Each entry has to be printed again exactly.

RECORDS SUPPLIED START

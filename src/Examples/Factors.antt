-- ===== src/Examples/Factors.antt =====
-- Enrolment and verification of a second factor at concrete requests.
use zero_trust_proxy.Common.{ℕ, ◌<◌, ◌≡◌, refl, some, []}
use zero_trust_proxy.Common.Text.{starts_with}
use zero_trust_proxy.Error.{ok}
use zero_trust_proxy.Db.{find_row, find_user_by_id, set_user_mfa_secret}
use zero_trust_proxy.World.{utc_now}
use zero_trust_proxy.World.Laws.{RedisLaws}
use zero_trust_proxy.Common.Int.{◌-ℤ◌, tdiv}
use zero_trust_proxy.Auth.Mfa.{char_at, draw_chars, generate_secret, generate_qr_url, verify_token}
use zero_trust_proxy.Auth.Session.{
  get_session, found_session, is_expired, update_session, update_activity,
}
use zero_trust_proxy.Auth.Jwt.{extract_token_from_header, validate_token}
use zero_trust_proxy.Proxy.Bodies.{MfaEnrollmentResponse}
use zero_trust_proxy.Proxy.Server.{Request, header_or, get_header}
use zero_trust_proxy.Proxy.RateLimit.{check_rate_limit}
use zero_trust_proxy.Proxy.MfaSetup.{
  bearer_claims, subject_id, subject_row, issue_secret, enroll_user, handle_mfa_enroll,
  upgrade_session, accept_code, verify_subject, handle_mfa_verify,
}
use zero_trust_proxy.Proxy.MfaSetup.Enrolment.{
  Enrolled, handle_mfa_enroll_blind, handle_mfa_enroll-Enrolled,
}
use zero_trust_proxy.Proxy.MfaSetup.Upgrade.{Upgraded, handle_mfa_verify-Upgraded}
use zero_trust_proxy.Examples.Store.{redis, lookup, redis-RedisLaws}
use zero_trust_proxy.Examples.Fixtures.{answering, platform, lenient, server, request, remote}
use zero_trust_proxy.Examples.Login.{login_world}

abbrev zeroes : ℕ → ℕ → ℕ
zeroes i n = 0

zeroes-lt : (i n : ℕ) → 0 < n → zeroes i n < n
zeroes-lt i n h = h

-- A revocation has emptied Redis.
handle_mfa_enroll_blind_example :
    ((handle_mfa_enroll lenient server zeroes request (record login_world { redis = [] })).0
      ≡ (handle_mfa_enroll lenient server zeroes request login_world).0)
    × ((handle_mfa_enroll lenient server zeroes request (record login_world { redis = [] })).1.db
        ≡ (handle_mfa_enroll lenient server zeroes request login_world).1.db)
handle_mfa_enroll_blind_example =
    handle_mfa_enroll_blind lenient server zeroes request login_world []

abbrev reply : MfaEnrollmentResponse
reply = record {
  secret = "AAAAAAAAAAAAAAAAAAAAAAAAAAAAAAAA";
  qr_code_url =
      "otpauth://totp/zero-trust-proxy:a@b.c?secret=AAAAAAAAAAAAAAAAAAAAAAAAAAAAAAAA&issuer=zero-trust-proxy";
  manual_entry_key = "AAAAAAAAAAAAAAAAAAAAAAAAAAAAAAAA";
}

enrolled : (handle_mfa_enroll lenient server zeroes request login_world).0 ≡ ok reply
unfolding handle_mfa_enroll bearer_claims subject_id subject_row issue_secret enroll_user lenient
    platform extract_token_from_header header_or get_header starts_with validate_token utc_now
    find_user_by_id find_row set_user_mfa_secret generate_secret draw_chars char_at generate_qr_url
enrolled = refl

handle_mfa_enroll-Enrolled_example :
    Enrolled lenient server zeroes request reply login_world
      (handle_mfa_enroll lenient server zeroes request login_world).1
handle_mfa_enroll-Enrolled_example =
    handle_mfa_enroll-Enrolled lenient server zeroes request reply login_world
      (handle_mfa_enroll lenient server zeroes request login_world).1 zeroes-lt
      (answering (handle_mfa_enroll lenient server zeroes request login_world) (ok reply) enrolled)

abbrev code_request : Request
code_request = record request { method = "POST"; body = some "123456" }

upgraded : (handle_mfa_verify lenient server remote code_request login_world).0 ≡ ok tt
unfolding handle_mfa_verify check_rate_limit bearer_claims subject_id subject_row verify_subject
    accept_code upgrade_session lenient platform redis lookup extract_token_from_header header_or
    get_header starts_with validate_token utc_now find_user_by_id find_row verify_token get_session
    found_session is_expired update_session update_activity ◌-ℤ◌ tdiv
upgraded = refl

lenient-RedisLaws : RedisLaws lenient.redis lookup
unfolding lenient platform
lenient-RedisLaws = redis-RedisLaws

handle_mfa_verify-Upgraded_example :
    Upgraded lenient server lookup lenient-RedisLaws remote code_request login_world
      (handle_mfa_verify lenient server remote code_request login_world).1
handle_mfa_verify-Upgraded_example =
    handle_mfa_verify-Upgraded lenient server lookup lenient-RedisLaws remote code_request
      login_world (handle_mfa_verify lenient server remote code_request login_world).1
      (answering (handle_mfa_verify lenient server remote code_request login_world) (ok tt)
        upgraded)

RECORDS SUPPLIED END

== TASK SOLUTION ==
filename src/Examples/Factors.antt
-- ===== src/Examples/Factors.antt =====
-- Enrolment and verification of a second factor at concrete requests.
use zero_trust_proxy.Common.{ℕ, ◌<◌, ◌≡◌, refl, some, []}
use zero_trust_proxy.Common.Text.{starts_with}
use zero_trust_proxy.Error.{ok}
use zero_trust_proxy.Db.{find_row, find_user_by_id, set_user_mfa_secret}
use zero_trust_proxy.World.{utc_now}
use zero_trust_proxy.World.Laws.{RedisLaws}
use zero_trust_proxy.Common.Int.{◌-ℤ◌, tdiv}
use zero_trust_proxy.Auth.Mfa.{char_at, draw_chars, generate_secret, generate_qr_url, verify_token}
use zero_trust_proxy.Auth.Session.{
  get_session, found_session, is_expired, update_session, update_activity,
}
use zero_trust_proxy.Auth.Jwt.{extract_token_from_header, validate_token}
use zero_trust_proxy.Proxy.Bodies.{MfaEnrollmentResponse}
use zero_trust_proxy.Proxy.Server.{Request, header_or, get_header}
use zero_trust_proxy.Proxy.RateLimit.{check_rate_limit}
use zero_trust_proxy.Proxy.MfaSetup.{
  bearer_claims, subject_id, subject_row, issue_secret, enroll_user, handle_mfa_enroll,
  upgrade_session, accept_code, verify_subject, handle_mfa_verify,
}
use zero_trust_proxy.Proxy.MfaSetup.Enrolment.{
  Enrolled, handle_mfa_enroll_blind, handle_mfa_enroll-Enrolled,
}
use zero_trust_proxy.Proxy.MfaSetup.Upgrade.{Upgraded, handle_mfa_verify-Upgraded}
use zero_trust_proxy.Examples.Store.{redis, lookup, redis-RedisLaws}
use zero_trust_proxy.Examples.Fixtures.{answering, platform, lenient, server, request, remote}
use zero_trust_proxy.Examples.Login.{login_world}

abbrev zeroes : ℕ → ℕ → ℕ
zeroes i n = 0

zeroes-lt : (i n : ℕ) → 0 < n → zeroes i n < n
zeroes-lt i n h = h

-- A revocation has emptied Redis.
handle_mfa_enroll_blind_example :
    ((handle_mfa_enroll lenient server zeroes request (record login_world { redis = [] })).0
      ≡ (handle_mfa_enroll lenient server zeroes request login_world).0)
    × ((handle_mfa_enroll lenient server zeroes request (record login_world { redis = [] })).1.db
        ≡ (handle_mfa_enroll lenient server zeroes request login_world).1.db)
handle_mfa_enroll_blind_example =
    handle_mfa_enroll_blind lenient server zeroes request login_world []

abbrev reply : MfaEnrollmentResponse
reply = record {
  secret = "AAAAAAAAAAAAAAAAAAAAAAAAAAAAAAAA";
  qr_code_url =
      "otpauth://totp/zero-trust-proxy:a@b.c?secret=AAAAAAAAAAAAAAAAAAAAAAAAAAAAAAAA&issuer=zero-trust-proxy";
  manual_entry_key = "AAAAAAAAAAAAAAAAAAAAAAAAAAAAAAAA";
}

enrolled : (handle_mfa_enroll lenient server zeroes request login_world).0 ≡ ok reply
unfolding handle_mfa_enroll bearer_claims subject_id subject_row issue_secret enroll_user lenient
    platform extract_token_from_header header_or get_header starts_with validate_token utc_now
    find_user_by_id find_row set_user_mfa_secret generate_secret draw_chars char_at generate_qr_url
enrolled = refl

handle_mfa_enroll-Enrolled_example :
    Enrolled lenient server zeroes request reply login_world
      (handle_mfa_enroll lenient server zeroes request login_world).1
handle_mfa_enroll-Enrolled_example =
    handle_mfa_enroll-Enrolled lenient server zeroes request reply login_world
      (handle_mfa_enroll lenient server zeroes request login_world).1 zeroes-lt
      (answering (handle_mfa_enroll lenient server zeroes request login_world) (ok reply) enrolled)

abbrev code_request : Request
code_request = record request { method = "POST"; body = some "123456" }

upgraded : (handle_mfa_verify lenient server remote code_request login_world).0 ≡ ok tt
unfolding handle_mfa_verify check_rate_limit bearer_claims subject_id subject_row verify_subject
    accept_code upgrade_session lenient platform redis lookup extract_token_from_header header_or
    get_header starts_with validate_token utc_now find_user_by_id find_row verify_token get_session
    found_session is_expired update_session update_activity ◌-ℤ◌ tdiv
upgraded = refl

lenient-RedisLaws : RedisLaws lenient.redis lookup
unfolding lenient platform
lenient-RedisLaws = redis-RedisLaws

handle_mfa_verify-Upgraded_example :
    Upgraded lenient server lookup lenient-RedisLaws remote code_request login_world
      (handle_mfa_verify lenient server remote code_request login_world).1
handle_mfa_verify-Upgraded_example =
    handle_mfa_verify-Upgraded lenient server lookup lenient-RedisLaws remote code_request
      login_world (handle_mfa_verify lenient server remote code_request login_world).1
      (answering (handle_mfa_verify lenient server remote code_request login_world) (ok tt)
        upgraded)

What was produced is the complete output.